# [Activity]
From the entries below, transcribe exactly the lines between the line holding "unfolding sort_slice slice_eq" and the line holding "unfoldable pub port_eq", inclusive; skip all other lines.

───── Provided records

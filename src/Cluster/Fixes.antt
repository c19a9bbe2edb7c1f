-- ===== src/Cluster/Fixes.antt =====
-- What an action leaves as it is of the caller's own state: a rule for each way to build an action.
use infra_devops.Base.{
  Bool, true, false, if◌then◌else◌, Option, some, Err, Result, ok, err, on_result, ◌≡◌, ap, ◌∙◌,
}
use infra_devops.Cluster.Calls.{Call, History}
use infra_devops.Cluster.Action.{State, M, pure, ask, gets, modify, ◌>>=◌}
use infra_devops.Cluster.Emits.{>>=-some}

-- `m` does not change `view` of the state.
pub record Fixes {S A X : Type 0} (view : S → X) (m : M S A) : Type 0 where
  pub fixed : (s s' : State S) (a : A) → m s ≡ some (a, s') → view s'.own ≡ view s.own

module _ {S A X : Type 0} (view : S → X) where
  same_state :
      (s s' : State S) (a b : A)
      → ◌≡◌ {A = Option (A × State S)} (some (a, s)) (some (b, s'))
      → view s'.own ≡ view s.own
  same_state s s' a b h = let e : s' ≡ s = cc in ap (λ (t : State S). view t.own) e

  pub Fixes-pure : (a : A) → Fixes view (pure a)
  unfolding pure
  Fixes-pure a = record { fixed = λ s s' b h. same_state s s' a b h }

  pub Fixes-ask : (c : Call) (f : History → A) → Fixes view (ask c f)
  unfolding ask
  Fixes-ask c f = record { fixed = λ s s' b h. let e : s'.own ≡ s.own = cc in ap view e }

  pub Fixes-gets : (f : S → A) → Fixes view (gets f)
  unfolding gets
  Fixes-gets f = record { fixed = λ s s' b h. same_state s s' (f s.own) b h }

  pub Fixes-if :
      (b : Bool) (m n : M S A) → Fixes view m → Fixes view n → Fixes view (if b then m else n)
  Fixes-if true m n hm hn = hm
  Fixes-if false m n hm hn = hn

module _ {S X : Type 0} (view : S → X) where
  pub Fixes-modify : (f : S → S) → ((s : S) → view (f s) ≡ view s) → Fixes view (modify f)
  unfolding modify
  Fixes-modify f same = record {
    fixed = λ s s' b h. let e : s'.own ≡ f s.own = cc in ap view e ∙ same s.own;
  }

module _ {S A B X : Type 0} (view : S → X) where
  pub Fixes-bind :
      (m : M S A) (f : A → M S B)
      → Fixes view m
      → ((a : A) → Fixes view (f a))
      → Fixes view (m >>= f)
  Fixes-bind m f hm hf = record {
    fixed = λ s s'' b h.
        let (a, s', p, q) = >>=-some m f s s'' b h in (hf a).fixed s' s'' b q ∙ hm.fixed s s' a p;
  }

  pub Fixes-on_result :
      (r : Result A) (f : Err → M S B) (g : A → M S B)
      → ((x : Err) → Fixes view (f x))
      → ((a : A) → Fixes view (g a))
      → Fixes view (on_result r f g)
  Fixes-on_result (ok a) f g hf hg = hg a
  Fixes-on_result (err x) f g hf hg = hf x
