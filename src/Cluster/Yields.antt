-- ===== src/Cluster/Yields.antt =====
-- What an action may return: a rule for each way to build an action.
use infra_devops.Base.{
  Bool, true, false, if◌then◌else◌, Option, none, some, Err, Result, ok, err, on_error, on_result,
  ◌≡◌,
}
use mathlib.Core.Path.{subst}
use infra_devops.Cluster.Calls.{Call, History}
use infra_devops.Cluster.Action.{State, M, pure, ask, ◌>>=◌}
use infra_devops.Cluster.Emits.{Emits, Extends-trans, >>=-some}

pub pure-some : {S A : Type 0} (a b : A) (s s' : State S) → pure a s ≡ some (b, s') → a ≡ b
unfolding pure
pure-some a b s s' h = cc

-- Every value that `m` returns satisfies `Q`.
pub record Yields {S A : Type 0} (Q : A → Type 0) (m : M S A) : Type 0 where
  pub yielded : (s s' : State S) (a : A) → m s ≡ some (a, s') → Q a

module _ {S A : Type 0} (Q : A → Type 0) where
  pub Yields-pure : (a : A) → Q a → Yields {S = S} Q (pure a)
  unfolding pure
  Yields-pure a q = record { yielded = λ s s' b h. let e : a ≡ b = cc in subst Q e q }

  pub Yields-if : (b : Bool) (m n : M S A) → Yields Q m → Yields Q n → Yields Q (if b then m else n)
  Yields-if true m n hm hn = hm
  Yields-if false m n hm hn = hn

  pub Yields-on_error :
      (e : Option Err) (f : Err → M S A) (m : M S A)
      → ((x : Err) → Yields Q (f x))
      → Yields Q m
      → Yields Q (on_error e f m)
  Yields-on_error none f m hf hm = hm
  Yields-on_error (some x) f m hf hm = hf x

module _ {S A B : Type 0} (Q : B → Type 0) where
  pub Yields-bind : (m : M S A) (f : A → M S B) → ((a : A) → Yields Q (f a)) → Yields Q (m >>= f)
  Yields-bind m f hf = record {
    yielded = λ s s'' b h. let (a, s', p, q) = >>=-some m f s s'' b h in (hf a).yielded s' s'' b q;
  }

  pub Yields-on_result :
      (r : Result A) (f : Err → M S B) (g : A → M S B)
      → ((x : Err) → Yields Q (f x))
      → ((a : A) → Yields Q (g a))
      → Yields Q (on_result r f g)
  Yields-on_result (ok a) f g hf hg = hg a
  Yields-on_result (err x) f g hf hg = hf x

-- A `bind` whose first half returns only what satisfies `R`.
module _ {S A B : Type 0} (R : A → Type 0) where
  pub Yields-then :
      (Q : B → Type 0) (m : M S A) (f : A → M S B)
      → Yields R m
      → ((a : A) → R a → Yields Q (f a))
      → Yields Q (m >>= f)
  Yields-then Q m f hm hf = record {
    yielded = λ s s'' b h.
        let (a, s', p, q) = >>=-some m f s s'' b h in
        (hf a (hm.yielded s s' a p)).yielded s' s'' b q;
  }

  pub Emits-then :
      (P : Call → Type 0) (m : M S A) (f : A → M S B)
      → Yields R m
      → Emits P m
      → ((a : A) → R a → Emits P (f a))
      → Emits P (m >>= f)
  Emits-then P m f hm em hf = record {
    emitted = λ s s'' b h.
        let (a, s', p, q) = >>=-some m f s s'' b h in
        Extends-trans (em.emitted s s' a p) ((hf a (hm.yielded s s' a p)).emitted s' s'' b q);
  }

-- The answer of a call.
pub Yields-ask :
    {S A : Type 0} (Q : A → Type 0) (c : Call) (f : History → A)
    → ((h : History) → Q (f h))
    → Yields {S = S} Q (ask c f)
unfolding ask
Yields-ask Q c f q = record {
  yielded = λ s s' b h. let e : f s.calls ≡ b = cc in subst Q e (q s.calls);
}
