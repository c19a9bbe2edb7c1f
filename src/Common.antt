-- ===== src/Common.antt =====
-- pkg/splunk/common: names.go, types.go and the helpers of util.go.
pub mod Names
pub mod Meta
pub mod Slices
pub mod Spec
pub mod Labels
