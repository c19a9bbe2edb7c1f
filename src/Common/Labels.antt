-- ===== src/Common/Labels.antt =====
-- GetLabels of pkg/splunk/common/util.go, and GetLabelTypes of pkg/splunk/common/names.go.
use infra_devops.Base.{
  String, if◌then◌else◌, str_eq, Option, none, some, List, [], ◌∷◌, message, Err,
}
use infra_devops.Base.Text.{◌<>◌}
use infra_devops.Base.Dict.{Dict, insert, lookup, or_empty}

unfoldable pub get_label_types : Dict String
get_label_types =
    ("manager", "app.kubernetes.io/managed-by")
    ∷ ("component", "app.kubernetes.io/component")
    ∷ ("name", "app.kubernetes.io/name")
    ∷ ("partof", "app.kubernetes.io/part-of")
    ∷ ("instance", "app.kubernetes.io/instance")
    ∷ []

-- labelTypeMap[kind]
unfoldable pub label_type : String → String
unfolding get_label_types lookup
label_type kind = or_empty (lookup kind get_label_types)

module _ (component name instance_identifier part_of : String) where
  -- A round of the loop over the selected labels; an unknown one leaves an error.
  unfoldable pub select_label : String → Dict String × Option Err → Dict String × Option Err
  unfolding label_type
  select_label s (labels, e) =
      if str_eq s "manager"
      then (insert (label_type "manager") "splunk-operator" labels, e)
      else if str_eq s "component"
      then (insert (label_type "component") component labels, e)
      else if str_eq s "name"
      then (insert (label_type "name") name labels, e)
      else if str_eq s "partof"
      then (insert (label_type "partof") ("splunk-" <> part_of <> "-" <> component) labels, e)
      else if str_eq s "instance"
      then (
        if str_eq instance_identifier ""
            then labels
            else insert (label_type "instance") ("splunk-" <> instance_identifier <> "-" <> name)
                labels,
        e,
      )
      else (labels, some (message ("Incorrect label type " <> s)))

  unfoldable pub select_labels : List String → Dict String × Option Err → Dict String × Option Err
  unfolding select_label
  select_labels [] acc = acc
  select_labels (s ∷ rest) acc = select_labels rest (select_label s acc)

  unfoldable pub get_labels : List String → Dict String × Option Err
  unfolding select_labels label_type
  get_labels [] =
      let labels = insert (label_type "partof") ("splunk-" <> part_of <> "-" <> component) (
        insert (label_type "name") name (
          insert (label_type "component") component
            (insert (label_type "manager") "splunk-operator" []))) in
      (
        if str_eq instance_identifier ""
            then labels
            else insert (label_type "instance") ("splunk-" <> instance_identifier <> "-" <> name)
                labels,
        none,
      )
  get_labels (s ∷ rest) = select_labels (s ∷ rest) ([], none)
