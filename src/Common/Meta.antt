-- ===== src/Common/Meta.antt =====
-- Metadata of pkg/splunk/common/util.go: owner references, and what a child takes from its parent.
use infra_devops.Base.{
  String, Bool, true, false, ◌&&◌, not, [], ◌∷◌, if◌then◌else◌, str_eq, ◌≡◌, ◌↔◌, arith, eq_iff,
}
use infra_devops.Base.Dict.{Dict, lookup, insert, is_some}
use infra_devops.Cluster.{OwnerReference}
use text.Mathlib.Text.{starts_with}

-- What the code asks of a custom resource's metadata.
pub record MetaObject : Type 0 where
  pub api_version : String
  pub kind : String
  pub name : String
  pub namespace : String
  pub uid : String

unfoldable pub as_owner : MetaObject → Bool → OwnerReference
as_owner cr is_controller = record {
  api_version = cr.api_version;
  kind = cr.kind;
  name = cr.name;
  uid = cr.uid;
  controller = is_controller;
}

same_flag : Bool → Bool → Bool
same_flag true b = b
same_flag false b = not b

-- reflect.DeepEqual on owner references
unfoldable pub owner_eq : OwnerReference → OwnerReference → Bool
unfolding same_flag
owner_eq a b =
    str_eq a.api_version b.api_version
    && str_eq a.kind b.kind
    && str_eq a.name b.name
    && str_eq a.uid b.uid
    && same_flag a.controller b.controller

pub owner_eq_iff : (a b : OwnerReference) → (owner_eq a b ≡ true) ↔ (a ≡ b)
unfolding owner_eq
owner_eq_iff a b = ground (
  arith,
  eq_iff a.api_version b.api_version,
  eq_iff a.kind b.kind,
  eq_iff a.name b.name,
  eq_iff a.uid b.uid,
)

-- for k, v := range parent { if _, ok := child[k]; !ok && keep(k) { child[k] = v } }
unfoldable pub append_missing : (String → Bool) → Dict String → Dict String → Dict String
append_missing keep child [] = child
append_missing keep child ((k, v) ∷ parent) =
    append_missing keep
      (if not (is_some (lookup k child)) && keep k then insert k v child else child) parent

all_keys : String → Bool
all_keys k = true

not_kubectl : String → Bool
not_kubectl k = not (starts_with k "kubectl.kubernetes.io/")

-- The labels and the annotations of a child and of its parent.
pub record ObjectMeta : Type 0 where
  pub labels : Dict String
  pub annotations : Dict String

unfoldable pub append_parent_meta : ObjectMeta → ObjectMeta → ObjectMeta
unfolding all_keys not_kubectl
append_parent_meta child parent = record {
  labels = append_missing all_keys child.labels parent.labels;
  annotations = append_missing not_kubectl child.annotations parent.annotations;
}
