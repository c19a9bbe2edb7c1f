-- ===== src/Common/Names.antt =====
-- pkg/splunk/common/names.go, and the phases of pkg/splunk/common/types.go.
use infra_devops.Base.{Bool, true, false, String, List, [], ◌∷◌, if◌then◌else◌, str_eq}
use infra_devops.Base.Text.{◌<>◌}

-- type Phase
pub data Phase : Type 0 where
  pending ready updating scaling_up scaling_down terminating error : Phase

-- phase == PhaseReady
abbrev pub ready_phase : Phase → Bool
ready_phase ready = true
ready_phase _ = false

abbrev pub first_version : String
first_version = "1"

abbrev pub idxc_secret : String
idxc_secret = "idxc_secret"

-- fmt.Sprintf("%s-secret-v%s", versionedSecretIdentifier, version)
unfoldable pub get_versioned_secret_name : String → String → String
get_versioned_secret_name identifier version = (identifier <> "-secret-v") <> version

unfoldable pub get_namespace_scoped_secret_name : String → String
get_namespace_scoped_secret_name namespace = "splunk-" <> namespace <> "-secret"

abbrev pub get_splunk_secret_token_types : List String
get_splunk_secret_token_types =
    "hec_token" ∷ "password" ∷ "pass4SymmKey" ∷ "idxc_secret" ∷ "shc_secret" ∷ []

-- The first argument is the value of CLUSTER_DOMAIN.
unfoldable pub get_service_fqdn : String → String → String → String
get_service_fqdn domain namespace name =
    name <> "." <> namespace <> ".svc." <> (if str_eq domain "" then "cluster.local" else domain)
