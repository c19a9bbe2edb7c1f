-- ===== src/Common/Slices.antt =====
-- SortSlice, sortAndCompareSlices and the comparers on them of pkg/splunk/common/util.go. sort.Slice
-- is modelled by insertion from the right; where keys are equal Go may keep another order.
pub mod Sorting
pub mod Orders
use infra_devops.Base.{
  String, Bool, true, false, not, ◌&&◌, if◌then◌else◌, str_eq, none, some, List, [], ◌∷◌, ℕ, ◌==◌,
  length,
}
use infra_devops.Base.Int.{ℤ, ltb_ℤ, eqb_ℤ}
use infra_devops.Base.Text.{str_lt}
use infra_devops.Cluster.{Slice, Keyed}

module _ {A : Type 0} (less : A → A → Bool) where
  unfoldable pub insert_sorted : A → List A → List A
  insert_sorted x [] = x ∷ []
  insert_sorted x (y ∷ ys) = if less y x then y ∷ insert_sorted x ys else x ∷ y ∷ ys

  unfoldable pub sort : List A → List A
  unfolding insert_sorted
  sort [] = []
  sort (x ∷ xs) = insert_sorted x (sort xs)

  unfoldable pub sort_slice : Slice A → Slice A
  unfolding sort
  sort_slice none = none
  sort_slice (some l) = some (sort l)

module _ {A : Type 0} (same : A → A → Bool) where
  unfoldable pub list_eq : List A → List A → Bool
  list_eq [] [] = true
  list_eq [] (y ∷ ys) = false
  list_eq (x ∷ xs) [] = false
  list_eq (x ∷ xs) (y ∷ ys) = same x y && list_eq xs ys

  -- reflect.DeepEqual, which tells a nil slice from an empty one
  unfoldable pub slice_eq : Slice A → Slice A → Bool
  unfolding list_eq
  slice_eq none none = true
  slice_eq none (some l) = false
  slice_eq (some l) none = false
  slice_eq (some l) (some m) = list_eq l m

-- A comparison sorts both slices in place, unless their lengths differ.
pub record Compared (A : Type 0) : Type 0 where
  pub differs : Bool
  pub left : Slice A
  pub right : Slice A

-- The slice that the current value has after a comparison: the revised one where they differ.
abbrev pub merged_left : {A : Type 0} → Compared A → Slice A
merged_left c = if c.differs then c.right else c.left

abbrev pub slice_length : {A : Type 0} → Slice A → ℕ
slice_length none = 0
slice_length (some l) = length l

module _ {A : Type 0} (less same : A → A → Bool) where
  unfoldable pub sort_and_compare_slices : Slice A → Slice A → Compared A
  unfolding sort_slice slice_eq
  sort_and_compare_slices a b =
      if slice_length a == slice_length b
      then (record {
        differs = not (slice_eq same (sort_slice less a) (sort_slice less b));
        left = sort_slice less a;
        right = sort_slice less b;
      })
      else record { differs = true; left = a; right = b }

unfoldable pub keyed_less : Keyed String → Keyed String → Bool
keyed_less a b = str_lt a.key b.key

unfoldable pub keyed_eq : Keyed String → Keyed String → Bool
keyed_eq a b = str_eq a.key b.key && str_eq a.rest b.rest

unfoldable pub port_less : Keyed ℤ → Keyed ℤ → Bool
port_less a b = ltb_ℤ a.key b.key

unfoldable pub port_eq : Keyed ℤ → Keyed ℤ → Bool
port_eq a b = eqb_ℤ a.key b.key && str_eq a.rest b.rest

-- CompareTolerations by Key; CompareVolumes, CompareVolumeMounts and CompareEnvs by Name
unfoldable pub compare_by_key :
    Slice (Keyed String) → Slice (Keyed String) → Compared (Keyed String)
unfolding sort_and_compare_slices keyed_less keyed_eq
compare_by_key = sort_and_compare_slices keyed_less keyed_eq

-- CompareContainerPorts
unfoldable pub compare_ports : Slice (Keyed ℤ) → Slice (Keyed ℤ) → Compared (Keyed ℤ)
unfolding sort_and_compare_slices port_less port_eq
compare_ports = sort_and_compare_slices port_less port_eq
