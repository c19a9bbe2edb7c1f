-- ===== src/Common/Slices/Sorting.antt =====
-- The sort leaves a sorted slice as it is.
use infra_devops.Base.{
  suc, length, ◌==◌, arith, Bool, true, false, if◌then◌else◌, Bool-cases, List, [], ◌∷◌, none, some,
  ◌≡◌, refl, ap, ◌∙◌, inl, inr,
}
use infra_devops.Cluster.{Slice}
use infra_devops.Common.Slices.{
  insert_sorted, sort, sort_slice, list_eq, slice_eq, slice_length, merged_left,
  sort_and_compare_slices,
}

module _ {A : Type 0} (less : A → A → Bool)
    (asymm : (a b : A) → less a b ≡ true → less b a ≡ false) where
  -- No element is less than the one before it.
  abbrev Ordered : List A → Type 0
  Ordered [] = Unit
  Ordered (x ∷ []) = Unit
  Ordered (x ∷ y ∷ l) = (less y x ≡ false) × Ordered (y ∷ l)

  insert-Ordered : (x : A) (l : List A) → Ordered l → Ordered (insert_sorted less x l)
  unfolding insert_sorted
  insert-Ordered x [] h = tt
  insert-Ordered x (y ∷ []) h = elim (Bool-cases (less y x)) [
    | inl b ↦ rw b (asymm y x b, tt)
    | inr b ↦ rw b (b, tt)
  ]
  insert-Ordered x (y ∷ z ∷ l) (h, t) =
      let rest = insert-Ordered x (z ∷ l) t in
      elim (Bool-cases (less y x)) [
        | inr b ↦ rw b (b, (h, t))
        | inl b ↦ rw b (elim (Bool-cases (less z x)) [
          | inl c ↦ rw c (h, rw c at rest)
          | inr c ↦ rw c (asymm y x b, (c, t))
        ])
      ]

  sort-Ordered : (l : List A) → Ordered (sort less l)
  unfolding sort
  sort-Ordered [] = tt
  sort-Ordered (x ∷ l) = insert-Ordered x (sort less l) (sort-Ordered l)

  sort-of_Ordered : (l : List A) → Ordered l → sort less l ≡ l
  unfolding sort insert_sorted
  sort-of_Ordered [] h = refl
  sort-of_Ordered (x ∷ []) h = refl
  sort-of_Ordered (x ∷ y ∷ l) (h, t) =
      ap (insert_sorted less x) (sort-of_Ordered (y ∷ l) t) ∙ rw h refl

  pub sort_slice-again : (l : Slice A) → sort_slice less (sort_slice less l) ≡ sort_slice less l
  unfolding sort_slice
  sort_slice-again none = refl
  sort_slice-again (some l) = ap some (sort-of_Ordered (sort less l) (sort-Ordered l))

module _ {A : Type 0} (less : A → A → Bool) where
  length-insert : (x : A) (l : List A) → length (insert_sorted less x l) ≡ suc (length l)
  unfolding insert_sorted
  length-insert x [] = refl
  length-insert x (y ∷ l) = elim (Bool-cases (less y x)) [
    | inl b ↦ rw b (ap suc (length-insert x l))
    | inr b ↦ rw b refl
  ]

  length-sort : (l : List A) → length (sort less l) ≡ length l
  unfolding sort
  length-sort [] = refl
  length-sort (x ∷ l) = length-insert x (sort less l) ∙ ap suc (length-sort l)

  slice_length-sort : (l : Slice A) → slice_length (sort_slice less l) ≡ slice_length l
  unfolding sort_slice
  slice_length-sort none = refl
  slice_length-sort (some l) = length-sort l

module _ {A : Type 0} (same : A → A → Bool) (reflexive : (a : A) → same a a ≡ true) where
  list_eq_refl : (l : List A) → list_eq same l l ≡ true
  unfolding list_eq
  list_eq_refl [] = refl
  list_eq_refl (x ∷ l) = rw (reflexive x) (list_eq_refl l)

  pub slice_eq_refl : (l : Slice A) → slice_eq same l l ≡ true
  unfolding slice_eq
  slice_eq_refl none = refl
  slice_eq_refl (some l) = list_eq_refl l

module _ {A : Type 0} (less same : A → A → Bool)
    (asymm : (a b : A) → less a b ≡ true → less b a ≡ false)
    (reflexive : (a : A) → same a a ≡ true) where
  -- Slices that are equal after sorting do not differ.
  equal-differs :
      (a b : Slice A)
      → (slice_length a == slice_length b) ≡ true
      → slice_eq same (sort_slice less a) (sort_slice less b) ≡ true
      → (sort_and_compare_slices less same a b).differs ≡ false
  unfolding sort_and_compare_slices
  equal-differs a b h k = rw h (rw k refl)

  sorted-differs :
      (a b : Slice A)
      → (slice_length a == slice_length b) ≡ true
      → slice_eq same (sort_slice less a) (sort_slice less b) ≡ true
      → (sort_and_compare_slices less same (sort_slice less a) b).differs ≡ false
  sorted-differs a b h k =
      equal-differs (sort_slice less a) b (rw (slice_length-sort less a) h)
        (rw (sort_slice-again less asymm a) k)

  same_length : (a : Slice A) → (slice_length a == slice_length a) ≡ true
  same_length a = ground arith

  self_equal : (a : Slice A) → slice_eq same (sort_slice less a) (sort_slice less a) ≡ true
  self_equal a = slice_eq_refl same reflexive (sort_slice less a)

  merged : Slice A → Slice A → Slice A
  merged a b = merged_left (sort_and_compare_slices less same a b)

  merged-revised : (a b : Slice A) → (slice_length a == slice_length b) ≡ false → merged a b ≡ b
  unfolding sort_and_compare_slices merged
  merged-revised a b h = rw h refl

  merged-sorted :
      (a b : Slice A) (e : Bool)
      → (slice_length a == slice_length b) ≡ true
      → slice_eq same (sort_slice less a) (sort_slice less b) ≡ e
      → merged a b ≡ (if e then sort_slice less a else sort_slice less b)
  unfolding sort_and_compare_slices merged
  merged-sorted a b true h k = rw h (rw k refl)
  merged-sorted a b false h k = rw h (rw k refl)

  -- The slice that is taken over after a comparison does not differ from the revised one when they are
  -- compared again, where the order is asymmetric and the equality reflexive.
  pub compare-merged_left :
      (a b : Slice A)
      → (sort_and_compare_slices less same
          (merged_left (sort_and_compare_slices less same a b))
          b).differs
        ≡ false
  unfolding merged
  compare-merged_left a b =
      by_length (slice_length a == slice_length b) refl
        (slice_eq same (sort_slice less a) (sort_slice less b)) refl
    where
      by_length :
          (l : Bool)
          → (slice_length a == slice_length b) ≡ l
          → (e : Bool) → slice_eq same (sort_slice less a) (sort_slice less b) ≡ e
          → (sort_and_compare_slices less same
              (merged_left (sort_and_compare_slices less same a b))
              b).differs
            ≡ false
      by_length false h e k =
          rw (merged-revised a b h) (equal-differs b b (same_length b) (self_equal b))
      by_length true h true k = rw (merged-sorted a b true h k) (sorted-differs a b h k)
      by_length true h false k =
          rw (merged-sorted a b false h k) (sorted-differs b b (same_length b) (self_equal b))
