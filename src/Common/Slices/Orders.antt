-- ===== src/Common/Slices/Orders.antt =====
-- The orders and equalities by which slices are compared.
use infra_devops.Base.{true, false, String, str_eq, eq_iff, ◌≡◌, refl, arith}
use infra_devops.Base.Int.{ℤ, pos, negsuc, ltb_ℤ, eqb_ℤ}
use infra_devops.Base.Text.{str_lt, str_lt_asymm}
use infra_devops.Cluster.{Slice, Keyed}
use infra_devops.Common.Slices.{
  keyed_less, keyed_eq, port_less, port_eq, compare_by_key, compare_ports, merged_left,
  sort_and_compare_slices,
}
use infra_devops.Common.Slices.Sorting.{compare-merged_left}

pub str_eq_refl : (s : String) → str_eq s s ≡ true
str_eq_refl s = (eq_iff s s).1 refl

ltb_ℤ_asymm : (a b : ℤ) → ltb_ℤ a b ≡ true → ltb_ℤ b a ≡ false
ltb_ℤ_asymm (pos a) (pos b) h = ground arith
ltb_ℤ_asymm (pos a) (negsuc b) h = absurd (cc)
ltb_ℤ_asymm (negsuc a) (pos b) h = refl
ltb_ℤ_asymm (negsuc a) (negsuc b) h = ground arith

eqb_ℤ_refl : (a : ℤ) → eqb_ℤ a a ≡ true
eqb_ℤ_refl (pos a) = ground arith
eqb_ℤ_refl (negsuc a) = ground arith

pub compare_by_key-merged :
    (a b : Slice (Keyed String))
    → (compare_by_key (merged_left (compare_by_key a b)) b).differs ≡ false
unfolding compare_by_key
compare_by_key-merged =
    compare-merged_left keyed_less keyed_eq
      (λ a b h. unfold keyed_less in str_lt_asymm a.key b.key (unfold keyed_less in h))
      (λ a. unfold keyed_eq in rw (str_eq_refl a.key, str_eq_refl a.rest) refl)

pub compare_ports-merged :
    (a b : Slice (Keyed ℤ)) → (compare_ports (merged_left (compare_ports a b)) b).differs ≡ false
unfolding compare_ports
compare_ports-merged =
    compare-merged_left port_less port_eq
      (λ a b h. unfold port_less in ltb_ℤ_asymm a.key b.key (unfold port_less in h))
      (λ a. unfold port_eq in rw (eqb_ℤ_refl a.key, str_eq_refl a.rest) refl)

pub strings-merged :
    (a b : Slice String)
    → (sort_and_compare_slices str_lt str_eq
        (merged_left (sort_and_compare_slices str_lt str_eq a b))
        b).differs
      ≡ false
strings-merged = compare-merged_left str_lt str_eq str_lt_asymm str_eq_refl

──────────

# [Exercise output]
  unfolding sort_slice slice_eq
  sort_and_compare_slices a b =
      if slice_length a == slice_length b
      then (record {
        differs = not (slice_eq same (sort_slice less a) (sort_slice less b));
        left = sort_slice less a;
        right = sort_slice less b;
      })
      else record { differs = true; left = a; right = b }

unfoldable pub keyed_less : Keyed String → Keyed String → Bool
keyed_less a b = str_lt a.key b.key

unfoldable pub keyed_eq : Keyed String → Keyed String → Bool
keyed_eq a b = str_eq a.key b.key && str_eq a.rest b.rest

unfoldable pub port_less : Keyed ℤ → Keyed ℤ → Bool
port_less a b = ltb_ℤ a.key b.key

unfoldable pub port_eq : Keyed ℤ → Keyed ℤ → Bool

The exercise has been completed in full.